# B*tch Slap opens today (Jan 8)



## Daniel James (Jan 7, 2010)

I said it before John but I love your score for it. Any way to see it in the UK?

Dan


----------



## JohnG (Jan 7, 2010)

*Re: B*tch Slap opens tomorrow*

Yes -- the UK release is on the way. The movie sold in virtually every territory worldwide, so it will be available as VOD, DVD, or in theatres everywhere.

It's much more a UK vibe than a US one anyway. The guys who wrote it spent 12 years, collectively, living in New Zealand, and the experienced warped their humour, appropriately, in that Former Colonies direction.

One of the main characters, a cockney-accented-spewing hood, is played by an Australian best known for his performances in Shakespeare's plays.


----------



## José Herring (Jan 7, 2010)

Listen the the clips. I'm mighty impressed with the music. Don't know if I'll make it to see the movie, but I'll definitely pick up the CD.

best,

Jose


----------



## JohnG (Jan 8, 2010)

Show opens today and reviews are starting to come in. An excerpt of one follows below, typical both with regard to its evaluation of the movie (7.5 out of 10), and shaky grammar:

_"Irreverent, bombastic, tossing its tawdry, trashy lineage right into the viewers’ face, Bitch Slap bombards the viewer with hooky acting, titillation, cleavage (through the entire film), gore, off the wall action, and enough twists to give Tarantino whiplash....Bitch Slap is a film that appeals to the lowest common denominator and its blatant which demographic the film is aimed at."_ - Film-Book

http://film-book.com/film-review-bitch-slap/

Bitch Slap (2010): Review

_"Succeeding where even Quentin Tarantino failed with his film "Death Proof," director Rick Jacobson balances just the right blend of over-the-top action with ridiculous moments to deliver an homage movie worthy of the Exploitation genre that inspired it."_
- JamiPhilbrick

http://www.movieweb.com/movie/FI3Fb939Zqc759/REoHSqtwVIy4ss (http://www.movieweb.com/movie/FI3Fb939Z ... SqtwVIy4ss)


----------



## Ranietz (Jan 8, 2010)

Hi John.

I bought the soundtrack when you first announced it a while ago. Great stuff. And a very good production (mixing). Congrats.

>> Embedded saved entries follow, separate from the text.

-- ===== src/Integer/Shifts.antt =====
-- src/integer/integer.c: shifts to the right and the count of trailing zeros.
use slim_data_crypt.Common.{
  ℕ, ◌+◌, ◌-◌, ◌*◌, ◌/◌, ◌%◌, ◌^◌, ◌≡◌, refl, List, [], ◌∷◌, ◌++◌, length, drop, All, arith, bit_or,
  leb, ◌==◌, if◌then◌else◌, u64,
}
use slim_data_crypt.Common.Bits.{bit_or_high}
use slim_data_crypt.Integer.{IsWord, value, zeros}

-- `sdc_int_shr1`; the array has a word.
unfoldable pub shr1 : List ℕ → List ℕ
shr1 [] = []
shr1 (x ∷ []) = x / 2 ∷ []
shr1 (x ∷ y ∷ xs) = bit_or (x / 2) (u64 (y * 2 ^ 63)) ∷ shr1 (y ∷ xs)

-- The loop of `sdc_int_shr` within the words, by `k` bits with `0 < k < 64`.
unfoldable pub shr_words : ℕ → List ℕ → List ℕ
shr_words k [] = []
shr_words k (x ∷ []) = x / 2 ^ k ∷ []
shr_words k (x ∷ y ∷ xs) = bit_or (x / 2 ^ k) (u64 (y * 2 ^ (64 - k))) ∷ shr_words k (y ∷ xs)

-- `sdc_int_shr`.
unfoldable pub shr : List ℕ → ℕ → List ℕ
shr x bits =
    let limbs = bits / 64 in
    let rest = drop limbs x in
    if bits == 0
    then x
    else (if leb (64 * length x) bits
        then zeros (length x)
        else (if bits % 64 == 0 then rest else shr_words (bits % 64) rest) ++ zeros limbs)

-- `sdc_int_shr1` on words halves their number.
pub shr1_lem : (xs : List ℕ) → All IsWord xs → value (shr1 xs) ≡ value xs / 2
unfolding shr1
shr1_lem [] h = refl
shr1_lem (x ∷ []) h = omega arith
shr1_lem (x ∷ y ∷ xs) h =
    let top : y * 2 ^ 63 % 2 ^ 64 ≡ y % 2 * 2 ^ 63 = omega arith in
    let word : bit_or (x / 2) (y % 2 * 2 ^ 63) ≡ x / 2 + y % 2 * 2 ^ 63 =
      bit_or_high 63 (y % 2) (x / 2) (omega (arith, h.0)) in
    rw (top, word) (omega (arith, shr1_lem (y ∷ xs) h.1))
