-- ===== src/Integer/Tests.antt =====
-- Concrete runs of the integers, and the theorems at concrete inputs.
use slim_data_crypt.Common.{
  ◌-◌, ℕ, ◌+◌, ◌*◌, ◌%◌, ◌^◌, ◌<◌, ◌≡◌, refl, List, [], ◌∷◌, length, All, arith,
}
use slim_data_crypt.Integer.{IsWord, value, add, sub}
use slim_data_crypt.Integer.Sums.{Sum, Difference, add-Sum, sub-Difference}
use slim_data_crypt.Integer.Products.{mul, mul_lem}
use slim_data_crypt.Integer.Remainders.{reduce}
use slim_data_crypt.Integer.Remainders.Loops.{reduce_lem}
use slim_data_crypt.Integer.Montgomery.{mont_modexp_word, mont_mul, calculate_ninv, newton}
use slim_data_crypt.Integer.Montgomery.Powers.{mont_modexp_word_lem}
use slim_data_crypt.Integer.Montgomery.Multiply.{mont_mul_lem}

abbrev top_word : ℕ
top_word = 2 ^ 64 - 1

abbrev first : List ℕ
first = top_word ∷ 5 ∷ []

abbrev second : List ℕ
second = 3 ∷ top_word ∷ []

first-IsWord : All IsWord first
first-IsWord = omega arith

second-IsWord : All IsWord second
second-IsWord = omega arith

add-Sum_example : Sum 2 (value first + value second) (add first second)
add-Sum_example = add-Sum first second refl first-IsWord second-IsWord

sub-Difference_example : Difference 2 (value first) (value second) (sub first second)
sub-Difference_example = sub-Difference first second refl first-IsWord second-IsWord

mul_lem_example :
    (value (mul first second) ≡ value first * value second)
    × (length (mul first second) ≡ 4)
    × All IsWord (mul first second)
mul_lem_example = mul_lem first second refl (omega arith) first-IsWord second-IsWord

reduce_lem_example : value (reduce [] first (7 ∷ [])) ≡ value first % value (7 ∷ [])
reduce_lem_example =
    reduce_lem (7 ∷ []) (omega arith) (omega arith) [] first first-IsWord (omega arith)

-- The negated inverse of 3 is the whole of 2 ^ 64 less 1, over 3.
ninv_three : calculate_ninv 3 ≡ 0x5555_5555_5555_5555
unfolding calculate_ninv newton
ninv_three = refl

mont_mul_lem_example :
    (value (mont_mul second first second 0x5555_5555_5555_5555) < value second)
    × (value (mont_mul second first second 0x5555_5555_5555_5555) * 2 ^ (2 * 64) % value second
        ≡ value second * value first % value second)
mont_mul_lem_example =
    mont_mul_lem 3 (top_word ∷ []) top_word (5 ∷ []) 0x5555_5555_5555_5555 refl second-IsWord
      first-IsWord (omega arith) second refl (omega arith) second-IsWord

mont_modexp_word_lem_example :
    value (mont_modexp_word (3 ∷ []) (5 ∷ 1 ∷ []) (7 ∷ []) 0x9249249249249249)
    ≡ 3 ^ (5 + 2 ^ 64) % 7
mont_modexp_word_lem_example =
    mont_modexp_word_lem 7 [] 0x9249249249249249 (omega arith, tt) refl refl (3 ∷ []) refl
      (omega arith, tt) (omega arith) (omega arith) (5 ∷ 1 ∷ []) (omega arith, (omega arith, tt))
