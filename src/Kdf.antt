-- ===== src/Kdf.antt =====
-- src/kdf: HMAC-SHA-256 and PBKDF2.
pub mod Hmac
pub mod Pbkdf2
mod Tests
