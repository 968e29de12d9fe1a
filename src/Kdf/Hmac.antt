-- ===== src/Kdf/Hmac.antt =====
-- src/kdf/hmac.c. The first argument `local` of a function is the context of `sdc_sha256_hash`,
-- a local variable that is not initialised.
pub mod Rfc
use slim_data_crypt.Common.{
  ℕ, List, [], ◌∷◌, length, write_at, replicate, bit_xor, ltb, if◌then◌else◌,
}
use slim_data_crypt.Hash.{Ctx}
use slim_data_crypt.Hash.Sha256

-- `sdc_hmac_sha256_ctx` of include/sdcrypt/hmac.h.
pub record HmacCtx : Type 0 where
  pub inner : Ctx ℕ
  pub outer : Ctx ℕ
  pub ipad : List ℕ
  pub opad : List ℕ

-- A context of zeros, as `memset` leaves it.
abbrev pub zero_ctx : Ctx ℕ
zero_ctx = record { state = replicate 8 0; count = 0; buffer = replicate 64 0; len = 0 }

abbrev pub zero_hmac : HmacCtx
zero_hmac = record {
  inner = zero_ctx;
  outer = zero_ctx;
  ipad = replicate 64 0;
  opad = replicate 64 0;
}

-- The key in an array of 64 bytes, hashed if it is longer.
unfoldable pub key_block : Ctx ℕ → List ℕ → List ℕ
key_block local key =
    if ltb 64 (length key)
    then write_at 0 (Sha256.hash local key) (replicate 64 0)
    else write_at 0 key (replicate 64 0)

-- `pad[i] = k[i] ^ b;`
unfoldable pub mask_key : ℕ → List ℕ → List ℕ
mask_key b [] = []
mask_key b (k ∷ ks) = bit_xor k b ∷ mask_key b ks

-- `sdc_hmac_sha256_init`.
unfoldable pub init : Ctx ℕ → List ℕ → HmacCtx
init local key =
    let k = key_block local key in
    let ipad = mask_key 0x36 k in
    record zero_hmac {
      ipad = ipad;
      opad = mask_key 0x5c k;
      inner = Sha256.update (Sha256.init zero_ctx) ipad;
    }

-- `sdc_hmac_sha256_update`.
unfoldable pub update : HmacCtx → List ℕ → HmacCtx
update c input = record c { inner = Sha256.update c.inner input }

-- `sdc_hmac_sha256_final`: the cleared context, and the 32 bytes of `out`.
unfoldable pub final : HmacCtx → HmacCtx × List ℕ
final c =
    let inner_hash = (Sha256.final c.inner).1 in
    let outer = Sha256.update (Sha256.update (Sha256.init c.outer) c.opad) inner_hash in
    (zero_hmac, (Sha256.final outer).1)

-- `sdc_hmac_sha256`.
unfoldable pub hmac : Ctx ℕ → List ℕ → List ℕ → List ℕ
hmac local key input = (final (update (init local key) input)).1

You don't happen to know if/when this movie will be released in Norway do you?


----------



## michaelv (Jan 11, 2010)

Good luck with that,John: great stuff! Very hip....


----------



## theheresy (Jan 11, 2010)

holy crap. that was surprisingly good. how much of that cd is synth/real orchestra/instruments?


----------



## germancomponist (Jan 12, 2010)

What a great score, John! Congrates!

Gunther


----------



## stevenson-again (Jan 12, 2010)

> Bitch Slap is a film that appeals to the *lowest common denominator *and its blatant which demographic the film is aimed at.



that would be me then.

hey those clips sound fantastic. i shall download and peruse. great gig!


----------



## rayinstirling (Jan 12, 2010)

Yep! that profile might be me also but I'm not sure I'll be taking the wife to see it.

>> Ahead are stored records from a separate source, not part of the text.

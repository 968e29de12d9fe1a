-- ===== src/Kdf/Hmac/Rfc.antt =====
-- src/kdf/hmac.c against RFC 2104.
use mathlib.Core.Path.{subst}
use slim_data_crypt.Common.{
  append_assoc, ℕ, zero, suc, ◌-◌, ◌≤◌, ◌≡◌, refl, ap, sym, ◌∙◌, List, [], ◌∷◌, ◌++◌, append-nil,
  length, write_at, replicate, ltb, if◌then◌else◌, Bool-cases, inl, inr, arith,
}
use slim_data_crypt.Hash.{Ctx}
use slim_data_crypt.Hash.Count.{Took}
use slim_data_crypt.Hash.Streams.{joined}
use slim_data_crypt.Hash.Sha256
use slim_data_crypt.Hash.Sha256.Streams.{sha256, init-Took, update_lem, final_lem, hash_lem}
use slim_data_crypt.Hash.Sha256.Bounds.{length-sha256}
use slim_data_crypt.Kdf.Hmac.{HmacCtx, zero_ctx, key_block, mask_key, init, update, final, hmac}

-- The key, hashed if it is longer than a block, with zeros up to the block.
unfoldable pub block_key : List ℕ → List ℕ
block_key key =
    let short = if ltb 64 (length key) then sha256 key else key in
    short ++ replicate (64 - length short) 0

-- H(K ^ opad, H(K ^ ipad, text))
unfoldable pub hmac_sha256 : List ℕ → List ℕ → List ℕ
hmac_sha256 key text =
    let k = block_key key in sha256 (mask_key 0x5c k ++ sha256 (mask_key 0x36 k ++ text))

-- Calls of `update` one after the other.
unfoldable pub feed : HmacCtx → List (List ℕ) → HmacCtx
feed c [] = c
feed c (piece ∷ pieces) = feed (update c piece) pieces

write_at_front :
    (vs : List ℕ) (n : ℕ)
    → length vs ≤ n
    → write_at 0 vs (replicate n 0) ≡ vs ++ replicate (n - length vs) 0
write_at_front [] n h = ap (λ k. replicate k 0) (let e : n ≡ n - 0 = omega arith in e)
write_at_front (v ∷ vs) zero h = absurd (omega arith)
write_at_front (v ∷ vs) (suc n) h =
    ap (λ t. v ∷ t)
      (write_at_front vs n (omega arith)
        ∙ ap (λ k. vs ++ replicate k 0)
            (let e : n - length vs ≡ suc n - suc (length vs) = omega arith in e))

key_block_lem :
    (local : Ctx ℕ) (key : List ℕ) → length local.buffer ≡ 64 → key_block local key ≡ block_key key
unfolding key_block block_key
key_block_lem local key r = elim (Bool-cases (ltb 64 (length key))) [
  | inl long ↦
      rw (long, hash_lem local key r)
        (write_at_front (sha256 key) 64 (omega (arith, length-sha256 key)))
  | inr fits ↦ rw fits (write_at_front key 64 (ground arith))
]

-- What a context holds after the key and a text.
record Keyed (c : HmacCtx) (key text : List ℕ) : Type 0 where
  inner_took : Took Sha256.compress Sha256.iv256 c.inner (mask_key 0x36 (block_key key) ++ text)
  outer_room : length c.outer.buffer ≡ 64
  outer_pad : c.opad ≡ mask_key 0x5c (block_key key)

init-Keyed :
    (local : Ctx ℕ) (key : List ℕ) → length local.buffer ≡ 64 → Keyed (init local key) key []
unfolding init
init-Keyed local key r = rw (key_block_lem local key r) (record {
  inner_took =
      subst (Took Sha256.compress Sha256.iv256 _) (sym (append-nil (mask_key 0x36 (block_key key))))
        (update_lem Sha256.iv256 (Sha256.init zero_ctx) [] (mask_key 0x36 (block_key key))
          (init-Took zero_ctx refl));
  outer_room = refl;
  outer_pad = refl;
})

update-Keyed :
    (c : HmacCtx) (key text input : List ℕ)
    → Keyed c key text
    → Keyed (update c input) key (text ++ input)
unfolding update
update-Keyed c key text input h = record {
  inner_took =
      subst (Took Sha256.compress Sha256.iv256 _)
        (append_assoc (mask_key 0x36 (block_key key)) text input)
        (update_lem Sha256.iv256 c.inner (mask_key 0x36 (block_key key) ++ text) input
          h.inner_took);
  outer_room = h.outer_room;
  outer_pad = h.outer_pad;
}

feed-Keyed :
    (c : HmacCtx) (key text : List ℕ) (pieces : List (List ℕ))
    → Keyed c key text
    → Keyed (feed c pieces) key (text ++ joined pieces)
unfolding feed joined
feed-Keyed c key text [] h = subst (Keyed c key) (sym (append-nil text)) h
feed-Keyed c key text (piece ∷ pieces) h =
    subst (Keyed (feed (update c piece) pieces) key) (append_assoc text piece (joined pieces))
      (feed-Keyed (update c piece) key (text ++ piece) pieces (update-Keyed c key text piece h))

final-Keyed :
    (c : HmacCtx) (key text : List ℕ) → Keyed c key text → (final c).1 ≡ hmac_sha256 key text
unfolding final hmac_sha256
final-Keyed c key text h =
    let first = Sha256.init c.outer in
    let second = Sha256.update first c.opad in
    let digest = (Sha256.final c.inner).1 in
    let inner_digest = final_lem c.inner (mask_key 0x36 (block_key key) ++ text) h.inner_took in
    final_lem (Sha256.update second digest) (c.opad ++ digest) (
      update_lem Sha256.iv256 second c.opad digest
        (update_lem Sha256.iv256 first [] c.opad (init-Took c.outer h.outer_room)))
    ∙ ap (λ t. sha256 (c.opad ++ t)) inner_digest
    ∙ ap (λ t. sha256 (t ++ sha256 (mask_key 0x36 (block_key key) ++ text))) h.outer_pad

-- Whatever the local context of `sdc_sha256_hash` holds in its buffer of 64 bytes: initialise with
-- any key, update with any pieces, and finish; that gives the HMAC of RFC 2104 of the pieces put
-- together.
pub feed-hmac_sha256 :
    (local : Ctx ℕ) (key : List ℕ) (pieces : List (List ℕ))
    → length local.buffer ≡ 64
    → (final (feed (init local key) pieces)).1 ≡ hmac_sha256 key (joined pieces)
feed-hmac_sha256 local key pieces r =
    final-Keyed _ key (joined pieces)
      (feed-Keyed (init local key) key [] pieces (init-Keyed local key r))

pub hmac_lem :
    (local : Ctx ℕ) (key input : List ℕ)
    → length local.buffer ≡ 64
    → hmac local key input ≡ hmac_sha256 key input
unfolding hmac feed joined
hmac_lem local key input r =
    feed-hmac_sha256 local key (input ∷ []) r ∙ ap (hmac_sha256 key) (append-nil input)

pub length-hmac_sha256 : (key text : List ℕ) → length (hmac_sha256 key text) ≡ 32
unfolding hmac_sha256
length-hmac_sha256 key text = length-sha256 _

I've always enjoyed listening to your work John.

Ray


----------



## JohnG (Jan 12, 2010)

Well, the lowest common denominator aspect is a bit tricky. I told my mother the film is called, "Retribution," just to keep things calm.

Thanks Ray and guys for the compliments. I am very happy with the score.

Ranietz, I think the film is already out in Sweden; don't know about Norway. It is a good Viking film, though.


----------



## Ranietz (Jan 12, 2010)

Thanks John.

I did some research and it seems like it will be released on DVD and Blue-ray in Norway on January 27th. It will also appear on a film festival but not anywhere near where I live.


----------



## Markus S (Jan 12, 2010)

Congratulations - Great job, John! Really over the top, I believe I hear a great sense of humor in that soundtrack! How long have you been working on the music? It's all samples right? 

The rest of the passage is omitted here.